## WORK TO BE COMPLETED
Lines with the string "calls" in the data below: report how many there are, and write nothing but the number.

Saved entries
────
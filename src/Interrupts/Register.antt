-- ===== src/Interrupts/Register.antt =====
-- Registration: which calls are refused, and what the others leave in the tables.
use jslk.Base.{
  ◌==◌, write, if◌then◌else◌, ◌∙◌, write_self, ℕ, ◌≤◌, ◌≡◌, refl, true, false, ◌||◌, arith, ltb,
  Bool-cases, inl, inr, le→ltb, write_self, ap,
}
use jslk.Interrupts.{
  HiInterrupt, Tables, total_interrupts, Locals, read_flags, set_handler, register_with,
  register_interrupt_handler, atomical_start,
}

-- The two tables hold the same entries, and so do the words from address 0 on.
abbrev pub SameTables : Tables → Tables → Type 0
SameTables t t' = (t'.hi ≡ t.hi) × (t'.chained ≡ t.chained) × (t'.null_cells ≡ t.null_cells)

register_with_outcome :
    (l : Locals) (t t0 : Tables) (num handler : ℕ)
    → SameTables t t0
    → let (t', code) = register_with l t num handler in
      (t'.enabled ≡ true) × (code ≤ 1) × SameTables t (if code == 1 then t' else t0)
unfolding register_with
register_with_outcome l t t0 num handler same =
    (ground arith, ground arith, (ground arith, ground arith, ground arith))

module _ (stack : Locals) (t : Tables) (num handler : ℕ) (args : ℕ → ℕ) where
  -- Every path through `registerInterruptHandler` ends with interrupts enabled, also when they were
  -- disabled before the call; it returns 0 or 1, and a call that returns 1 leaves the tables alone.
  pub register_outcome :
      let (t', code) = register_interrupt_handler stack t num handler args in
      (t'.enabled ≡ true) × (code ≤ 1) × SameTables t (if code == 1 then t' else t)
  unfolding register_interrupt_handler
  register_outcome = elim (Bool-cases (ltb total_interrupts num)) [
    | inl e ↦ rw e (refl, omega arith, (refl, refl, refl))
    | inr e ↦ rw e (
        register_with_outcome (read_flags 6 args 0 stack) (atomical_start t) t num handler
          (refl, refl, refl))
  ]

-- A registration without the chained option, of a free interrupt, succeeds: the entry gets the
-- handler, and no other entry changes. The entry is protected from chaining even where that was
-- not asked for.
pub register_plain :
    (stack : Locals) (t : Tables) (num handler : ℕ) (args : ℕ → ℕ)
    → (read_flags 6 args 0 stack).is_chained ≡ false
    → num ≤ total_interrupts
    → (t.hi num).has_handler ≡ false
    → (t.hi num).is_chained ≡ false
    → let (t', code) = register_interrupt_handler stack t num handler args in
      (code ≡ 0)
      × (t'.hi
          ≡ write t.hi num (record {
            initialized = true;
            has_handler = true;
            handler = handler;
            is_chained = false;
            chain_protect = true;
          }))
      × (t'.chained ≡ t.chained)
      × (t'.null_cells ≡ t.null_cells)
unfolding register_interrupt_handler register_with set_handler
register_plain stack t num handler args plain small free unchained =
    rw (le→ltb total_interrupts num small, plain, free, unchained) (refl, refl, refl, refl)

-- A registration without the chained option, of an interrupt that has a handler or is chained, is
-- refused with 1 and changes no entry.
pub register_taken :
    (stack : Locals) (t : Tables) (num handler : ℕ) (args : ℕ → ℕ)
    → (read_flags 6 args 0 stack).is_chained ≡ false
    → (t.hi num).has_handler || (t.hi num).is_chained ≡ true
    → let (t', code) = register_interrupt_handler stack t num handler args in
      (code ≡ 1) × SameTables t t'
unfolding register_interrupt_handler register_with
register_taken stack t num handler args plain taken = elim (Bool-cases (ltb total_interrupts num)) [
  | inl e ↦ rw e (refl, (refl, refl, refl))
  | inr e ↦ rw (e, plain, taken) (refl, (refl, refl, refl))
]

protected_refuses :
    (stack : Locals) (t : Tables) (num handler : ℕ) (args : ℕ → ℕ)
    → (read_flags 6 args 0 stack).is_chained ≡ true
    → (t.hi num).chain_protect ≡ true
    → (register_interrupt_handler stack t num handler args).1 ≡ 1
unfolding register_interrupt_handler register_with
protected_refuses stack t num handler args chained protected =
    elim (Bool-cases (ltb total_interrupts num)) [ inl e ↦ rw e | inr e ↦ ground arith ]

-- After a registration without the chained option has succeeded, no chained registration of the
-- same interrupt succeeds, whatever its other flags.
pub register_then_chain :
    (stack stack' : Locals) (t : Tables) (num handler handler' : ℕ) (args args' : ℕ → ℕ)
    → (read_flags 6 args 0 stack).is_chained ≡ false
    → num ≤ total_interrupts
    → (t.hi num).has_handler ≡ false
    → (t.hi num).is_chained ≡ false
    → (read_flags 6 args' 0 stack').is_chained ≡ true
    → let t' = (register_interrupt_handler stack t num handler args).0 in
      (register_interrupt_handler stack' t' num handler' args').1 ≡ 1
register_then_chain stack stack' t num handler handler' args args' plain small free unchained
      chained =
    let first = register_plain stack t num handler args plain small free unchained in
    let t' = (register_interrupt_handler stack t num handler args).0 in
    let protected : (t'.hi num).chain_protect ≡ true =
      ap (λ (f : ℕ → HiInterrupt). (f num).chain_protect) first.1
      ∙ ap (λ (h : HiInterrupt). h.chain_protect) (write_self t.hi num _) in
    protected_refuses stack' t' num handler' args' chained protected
────
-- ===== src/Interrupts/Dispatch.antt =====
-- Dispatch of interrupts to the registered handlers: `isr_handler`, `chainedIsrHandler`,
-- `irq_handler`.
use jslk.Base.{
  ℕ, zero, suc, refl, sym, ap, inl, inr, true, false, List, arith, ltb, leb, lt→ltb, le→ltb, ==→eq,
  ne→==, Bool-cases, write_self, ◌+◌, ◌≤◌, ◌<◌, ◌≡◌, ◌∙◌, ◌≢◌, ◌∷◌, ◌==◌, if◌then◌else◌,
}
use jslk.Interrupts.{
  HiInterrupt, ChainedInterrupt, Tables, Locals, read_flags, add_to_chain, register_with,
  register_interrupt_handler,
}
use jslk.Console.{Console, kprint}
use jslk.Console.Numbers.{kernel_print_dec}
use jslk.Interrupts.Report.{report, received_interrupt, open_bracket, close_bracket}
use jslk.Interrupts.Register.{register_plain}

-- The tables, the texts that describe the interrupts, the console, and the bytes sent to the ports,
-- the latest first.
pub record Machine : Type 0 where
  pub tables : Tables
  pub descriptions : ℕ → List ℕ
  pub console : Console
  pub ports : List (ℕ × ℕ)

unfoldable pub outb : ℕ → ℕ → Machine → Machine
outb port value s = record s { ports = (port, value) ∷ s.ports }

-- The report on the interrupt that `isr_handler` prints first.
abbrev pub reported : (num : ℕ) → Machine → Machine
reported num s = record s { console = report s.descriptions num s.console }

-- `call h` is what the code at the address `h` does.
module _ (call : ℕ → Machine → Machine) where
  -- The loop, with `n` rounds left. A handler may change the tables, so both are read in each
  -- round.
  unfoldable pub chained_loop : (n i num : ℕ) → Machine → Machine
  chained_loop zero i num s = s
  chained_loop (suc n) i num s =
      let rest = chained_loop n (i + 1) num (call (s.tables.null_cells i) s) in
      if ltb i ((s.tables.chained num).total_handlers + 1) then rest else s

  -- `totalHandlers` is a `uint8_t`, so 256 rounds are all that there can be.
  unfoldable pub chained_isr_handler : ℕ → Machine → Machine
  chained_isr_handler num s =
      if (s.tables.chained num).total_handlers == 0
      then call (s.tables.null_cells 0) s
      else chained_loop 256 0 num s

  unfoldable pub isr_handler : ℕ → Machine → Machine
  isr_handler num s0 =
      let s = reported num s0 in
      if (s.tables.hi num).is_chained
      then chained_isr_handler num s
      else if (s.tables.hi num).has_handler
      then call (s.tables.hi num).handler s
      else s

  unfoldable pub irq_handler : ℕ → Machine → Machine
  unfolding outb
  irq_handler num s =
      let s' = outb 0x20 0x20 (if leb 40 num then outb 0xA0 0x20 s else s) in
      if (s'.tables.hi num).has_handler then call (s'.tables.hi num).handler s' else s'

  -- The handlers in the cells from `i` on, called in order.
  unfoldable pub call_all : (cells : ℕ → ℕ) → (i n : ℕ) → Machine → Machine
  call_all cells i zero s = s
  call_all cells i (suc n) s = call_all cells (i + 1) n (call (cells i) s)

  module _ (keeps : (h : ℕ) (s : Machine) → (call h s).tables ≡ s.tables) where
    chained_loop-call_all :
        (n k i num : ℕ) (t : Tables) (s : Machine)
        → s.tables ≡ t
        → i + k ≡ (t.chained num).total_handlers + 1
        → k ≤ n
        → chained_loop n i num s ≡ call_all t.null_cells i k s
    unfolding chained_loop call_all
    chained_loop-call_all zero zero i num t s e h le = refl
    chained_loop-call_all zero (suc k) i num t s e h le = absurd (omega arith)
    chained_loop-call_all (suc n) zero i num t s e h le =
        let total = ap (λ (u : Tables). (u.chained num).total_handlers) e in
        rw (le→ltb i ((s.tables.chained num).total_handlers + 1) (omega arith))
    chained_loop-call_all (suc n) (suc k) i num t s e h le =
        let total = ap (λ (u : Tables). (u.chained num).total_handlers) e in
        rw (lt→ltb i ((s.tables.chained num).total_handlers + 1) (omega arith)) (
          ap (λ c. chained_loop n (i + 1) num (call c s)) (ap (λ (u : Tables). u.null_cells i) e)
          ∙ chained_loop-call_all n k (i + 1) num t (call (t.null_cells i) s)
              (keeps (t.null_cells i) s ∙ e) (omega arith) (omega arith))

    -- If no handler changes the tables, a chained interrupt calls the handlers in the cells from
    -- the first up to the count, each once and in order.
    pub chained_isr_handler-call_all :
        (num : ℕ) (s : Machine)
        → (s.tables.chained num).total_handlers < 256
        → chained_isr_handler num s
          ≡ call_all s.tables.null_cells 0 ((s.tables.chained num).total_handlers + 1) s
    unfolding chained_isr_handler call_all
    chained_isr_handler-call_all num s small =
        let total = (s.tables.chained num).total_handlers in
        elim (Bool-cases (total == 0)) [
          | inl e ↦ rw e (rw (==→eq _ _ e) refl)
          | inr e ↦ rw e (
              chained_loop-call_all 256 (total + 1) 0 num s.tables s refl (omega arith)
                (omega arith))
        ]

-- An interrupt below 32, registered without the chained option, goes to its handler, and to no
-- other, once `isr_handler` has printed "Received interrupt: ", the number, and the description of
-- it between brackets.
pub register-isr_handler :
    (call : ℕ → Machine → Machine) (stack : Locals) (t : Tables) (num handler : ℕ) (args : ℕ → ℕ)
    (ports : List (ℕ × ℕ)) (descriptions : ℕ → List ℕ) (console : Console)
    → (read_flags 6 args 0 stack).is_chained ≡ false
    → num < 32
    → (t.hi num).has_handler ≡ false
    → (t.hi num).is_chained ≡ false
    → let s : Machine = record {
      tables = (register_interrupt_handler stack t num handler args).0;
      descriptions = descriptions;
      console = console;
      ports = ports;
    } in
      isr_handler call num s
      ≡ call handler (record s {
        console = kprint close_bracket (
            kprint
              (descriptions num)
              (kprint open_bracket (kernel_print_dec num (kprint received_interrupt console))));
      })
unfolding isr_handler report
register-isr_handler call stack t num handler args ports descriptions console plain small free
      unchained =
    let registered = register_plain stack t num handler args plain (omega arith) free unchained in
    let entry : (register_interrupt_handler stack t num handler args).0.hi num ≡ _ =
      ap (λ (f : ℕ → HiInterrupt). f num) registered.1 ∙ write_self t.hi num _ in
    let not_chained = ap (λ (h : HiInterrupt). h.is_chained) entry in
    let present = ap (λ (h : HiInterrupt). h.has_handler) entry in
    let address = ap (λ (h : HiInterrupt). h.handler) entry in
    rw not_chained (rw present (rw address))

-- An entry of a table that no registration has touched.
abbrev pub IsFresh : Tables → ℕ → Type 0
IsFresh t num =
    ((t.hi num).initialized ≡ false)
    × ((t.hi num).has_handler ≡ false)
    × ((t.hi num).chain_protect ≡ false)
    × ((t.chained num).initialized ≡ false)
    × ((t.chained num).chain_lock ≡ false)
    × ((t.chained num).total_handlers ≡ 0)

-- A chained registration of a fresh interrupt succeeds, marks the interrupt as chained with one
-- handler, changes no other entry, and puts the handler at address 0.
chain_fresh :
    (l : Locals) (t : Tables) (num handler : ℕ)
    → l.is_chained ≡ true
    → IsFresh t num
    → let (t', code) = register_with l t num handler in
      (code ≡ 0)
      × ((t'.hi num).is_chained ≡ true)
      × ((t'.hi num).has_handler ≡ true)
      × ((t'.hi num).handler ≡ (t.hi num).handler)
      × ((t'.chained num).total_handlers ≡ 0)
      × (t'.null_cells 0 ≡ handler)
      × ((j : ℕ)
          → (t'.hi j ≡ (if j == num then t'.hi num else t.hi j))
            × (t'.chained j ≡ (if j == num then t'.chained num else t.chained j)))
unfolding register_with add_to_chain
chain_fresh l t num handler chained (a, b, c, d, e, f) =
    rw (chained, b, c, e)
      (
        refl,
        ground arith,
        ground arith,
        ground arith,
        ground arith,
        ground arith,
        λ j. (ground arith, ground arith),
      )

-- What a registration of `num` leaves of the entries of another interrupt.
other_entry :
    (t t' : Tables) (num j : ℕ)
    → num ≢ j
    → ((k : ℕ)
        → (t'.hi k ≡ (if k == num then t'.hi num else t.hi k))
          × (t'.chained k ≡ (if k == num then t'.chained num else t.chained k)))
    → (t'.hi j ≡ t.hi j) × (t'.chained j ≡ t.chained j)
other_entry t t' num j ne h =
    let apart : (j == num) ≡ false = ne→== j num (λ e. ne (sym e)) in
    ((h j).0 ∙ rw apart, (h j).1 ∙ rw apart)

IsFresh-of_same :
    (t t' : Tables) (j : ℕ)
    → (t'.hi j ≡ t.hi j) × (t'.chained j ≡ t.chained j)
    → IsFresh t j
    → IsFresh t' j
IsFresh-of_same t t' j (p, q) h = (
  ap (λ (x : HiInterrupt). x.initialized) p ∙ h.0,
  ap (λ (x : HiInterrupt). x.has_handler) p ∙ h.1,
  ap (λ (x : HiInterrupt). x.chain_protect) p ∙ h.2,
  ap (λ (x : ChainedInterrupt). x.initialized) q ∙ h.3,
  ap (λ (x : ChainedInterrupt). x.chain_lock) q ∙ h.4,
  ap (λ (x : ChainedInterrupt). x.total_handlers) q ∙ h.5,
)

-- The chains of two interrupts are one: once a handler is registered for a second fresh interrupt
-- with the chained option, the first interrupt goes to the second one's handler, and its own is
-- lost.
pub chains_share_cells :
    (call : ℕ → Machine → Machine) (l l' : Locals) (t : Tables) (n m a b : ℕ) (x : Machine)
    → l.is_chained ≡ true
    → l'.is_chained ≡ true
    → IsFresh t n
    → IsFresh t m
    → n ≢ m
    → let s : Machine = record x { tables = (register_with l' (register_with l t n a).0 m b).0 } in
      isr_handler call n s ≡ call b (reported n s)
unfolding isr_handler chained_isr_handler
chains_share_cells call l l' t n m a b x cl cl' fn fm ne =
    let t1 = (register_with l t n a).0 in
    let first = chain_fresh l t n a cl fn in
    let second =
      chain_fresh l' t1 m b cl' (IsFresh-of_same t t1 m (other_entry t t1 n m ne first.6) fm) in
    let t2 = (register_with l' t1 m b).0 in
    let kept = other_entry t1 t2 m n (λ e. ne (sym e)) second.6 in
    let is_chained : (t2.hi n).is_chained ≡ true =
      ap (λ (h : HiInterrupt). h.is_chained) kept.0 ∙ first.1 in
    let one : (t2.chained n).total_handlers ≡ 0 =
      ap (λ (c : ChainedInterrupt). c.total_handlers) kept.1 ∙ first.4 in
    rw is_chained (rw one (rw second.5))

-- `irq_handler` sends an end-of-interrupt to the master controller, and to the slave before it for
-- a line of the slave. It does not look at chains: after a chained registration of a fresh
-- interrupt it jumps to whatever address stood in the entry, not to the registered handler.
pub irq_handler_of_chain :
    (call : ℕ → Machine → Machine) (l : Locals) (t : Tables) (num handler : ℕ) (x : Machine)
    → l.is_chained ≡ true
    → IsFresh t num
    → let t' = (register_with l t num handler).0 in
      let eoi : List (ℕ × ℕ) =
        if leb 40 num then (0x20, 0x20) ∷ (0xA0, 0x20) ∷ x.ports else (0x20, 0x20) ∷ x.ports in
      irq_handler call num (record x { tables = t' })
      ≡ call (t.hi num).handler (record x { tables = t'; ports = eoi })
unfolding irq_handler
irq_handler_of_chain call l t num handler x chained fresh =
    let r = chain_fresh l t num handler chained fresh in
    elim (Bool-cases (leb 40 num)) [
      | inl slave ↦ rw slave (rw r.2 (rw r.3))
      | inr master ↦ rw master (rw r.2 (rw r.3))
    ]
────
## ANSWER BOX
2